*** Opening Exercise material ***
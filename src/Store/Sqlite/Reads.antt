-- ===== src/Store/Sqlite/Reads.antt =====
-- `SqliteExecutionStore` against `InMemoryExecutionStore` (src/workspace_guard_mcp/execution_store.py):
-- the reading methods.
use sandboxed_workspace_mcp.Base.{
  ℕ, suc, ◌≡◌, refl, sym, ap, ◌∙◌, subst, Bool, true, false, some, ok, ◌>>=◌, Text, List, [], ◌∷◌,
  ltb, length, arith,
}
use sandboxed_workspace_mcp.Dict.{lookup}
use sandboxed_workspace_mcp.Execution.State.{is_terminal_state}
use sandboxed_workspace_mcp.Execution.Record.{ExecutionRecord}
use sandboxed_workspace_mcp.Store.Memory
use sandboxed_workspace_mcp.Store.Memory.{
  Store, Manifest, max_event_page_size, max_artifact_manifest_items,
}
use sandboxed_workspace_mcp.Store.Queries
use sandboxed_workspace_mcp.Store.Sqlite
use sandboxed_workspace_mcp.Store.Sqlite.{read_manifest}
use sandboxed_workspace_mcp.Store.Sqlite.Tables.{
  Database, order_by, insert_by, by_sequence, by_creation,
}
use sandboxed_workspace_mcp.Store.Sqlite.RoundTrip.{
  record_from_row-record_values, events_from_rows-eq,
}
use sandboxed_workspace_mcp.Store.Sqlite.Selected.{order_by-Numbered}
use sandboxed_workspace_mcp.Store.Sqlite.Agrees.{Agrees, get-same}

length-insert_by {ℓ} :
    {A : Type ℓ} (le : A → A → Bool) (x : A) (xs : List A)
    → length (insert_by le x xs) ≡ suc (length xs)
unfolding insert_by
length-insert_by le x [] = refl
length-insert_by le x (y ∷ ys) = ground (arith, length-insert_by le x ys)

length-order_by {ℓ} :
    {A : Type ℓ} (le : A → A → Bool) (xs : List A) → length (order_by le xs) ≡ length xs
unfolding order_by
length-order_by le [] = refl
length-order_by le (x ∷ xs) =
    length-insert_by le x (order_by le xs) ∙ ap suc (length-order_by le xs)

module _ (id : Text) (s : Store) (d : Database) (agrees : Agrees s d) (r : ExecutionRecord)
    (e : lookup id s.records ≡ some r) where
  -- Both stores return the same record and the same pages of events, or the same error, for each
  -- execution that the store in memory still holds; the database returns the same manifest, in the
  -- order of its creation times.
  pub get-Agrees : Sqlite.get id d ≡ Memory.get id s
  unfolding Memory.get
  get-Agrees = rw e (get-same id r s d (agrees.0 id r e))

  pub list_events-Agrees :
      (cursor limit : ℕ)
      → Sqlite.list_events id cursor limit d ≡ Queries.list_events id cursor limit s
  unfolding Sqlite.list_events Queries.list_events
  list_events-Agrees cursor limit =
      let h = agrees.0 id r e in
      let read = record_from_row-record_values r h.valid h.accounted in
      let sorted =
        ap (order_by by_sequence) h.same_events ∙ order_by-Numbered 1 h.events h.numbered in
      rw (e, h.row, read, sorted, events_from_rows-eq h.events h.valid_events, h.has_events) refl

  passes :
      (complete : Bool) (m : Manifest)
      → ltb max_artifact_manifest_items (length m) ≡ false
      → (complete ≡ false → m ≡ [])
      → (complete ≡ true → is_terminal_state r.state ≡ true)
      → read_manifest r complete (order_by by_creation m) ≡ ok (order_by by_creation m, complete)
  unfolding read_manifest
  passes true m small partial settled = rw (length-order_by by_creation m, small, settled refl) refl
  passes false m small partial settled =
      subst
        (λ m. read_manifest r false (order_by by_creation m) ≡ ok (order_by by_creation m, false))
        (sym (partial refl)) (unfold order_by in refl)

  pub list_artifacts-Agrees : Sqlite.list_artifacts id d ≡ (
      Queries.list_artifacts id s >>= λ (manifest, complete).
      ok (order_by by_creation manifest, complete))
  unfolding Sqlite.list_artifacts Queries.list_artifacts
  list_artifacts-Agrees =
      let h = agrees.0 id r e in
      let read = record_from_row-record_values r h.valid h.accounted in
      rw (e, h.row, h.same_complete, read, h.same_artifacts, h.has_manifest, h.has_complete)
        (passes h.complete h.manifest h.small h.no_partial h.settled)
*** Closing Exercise material ***
What the exercise asks: All that belongs in the answer is the run of lines above from the line containing "length-insert_by le x (y" through the line containing "pub get-Agrees : Sqlite.get", exactly as written.

Reply to the task:
length-insert_by le x (y ∷ ys) = ground (arith, length-insert_by le x ys)

length-order_by {ℓ} :
    {A : Type ℓ} (le : A → A → Bool) (xs : List A) → length (order_by le xs) ≡ length xs
unfolding order_by
length-order_by le [] = refl
length-order_by le (x ∷ xs) =
    length-insert_by le x (order_by le xs) ∙ ap suc (length-order_by le xs)

module _ (id : Text) (s : Store) (d : Database) (agrees : Agrees s d) (r : ExecutionRecord)
    (e : lookup id s.records ≡ some r) where
  -- Both stores return the same record and the same pages of events, or the same error, for each
  -- execution that the store in memory still holds; the database returns the same manifest, in the
  -- order of its creation times.
  pub get-Agrees : Sqlite.get id d ≡ Memory.get id s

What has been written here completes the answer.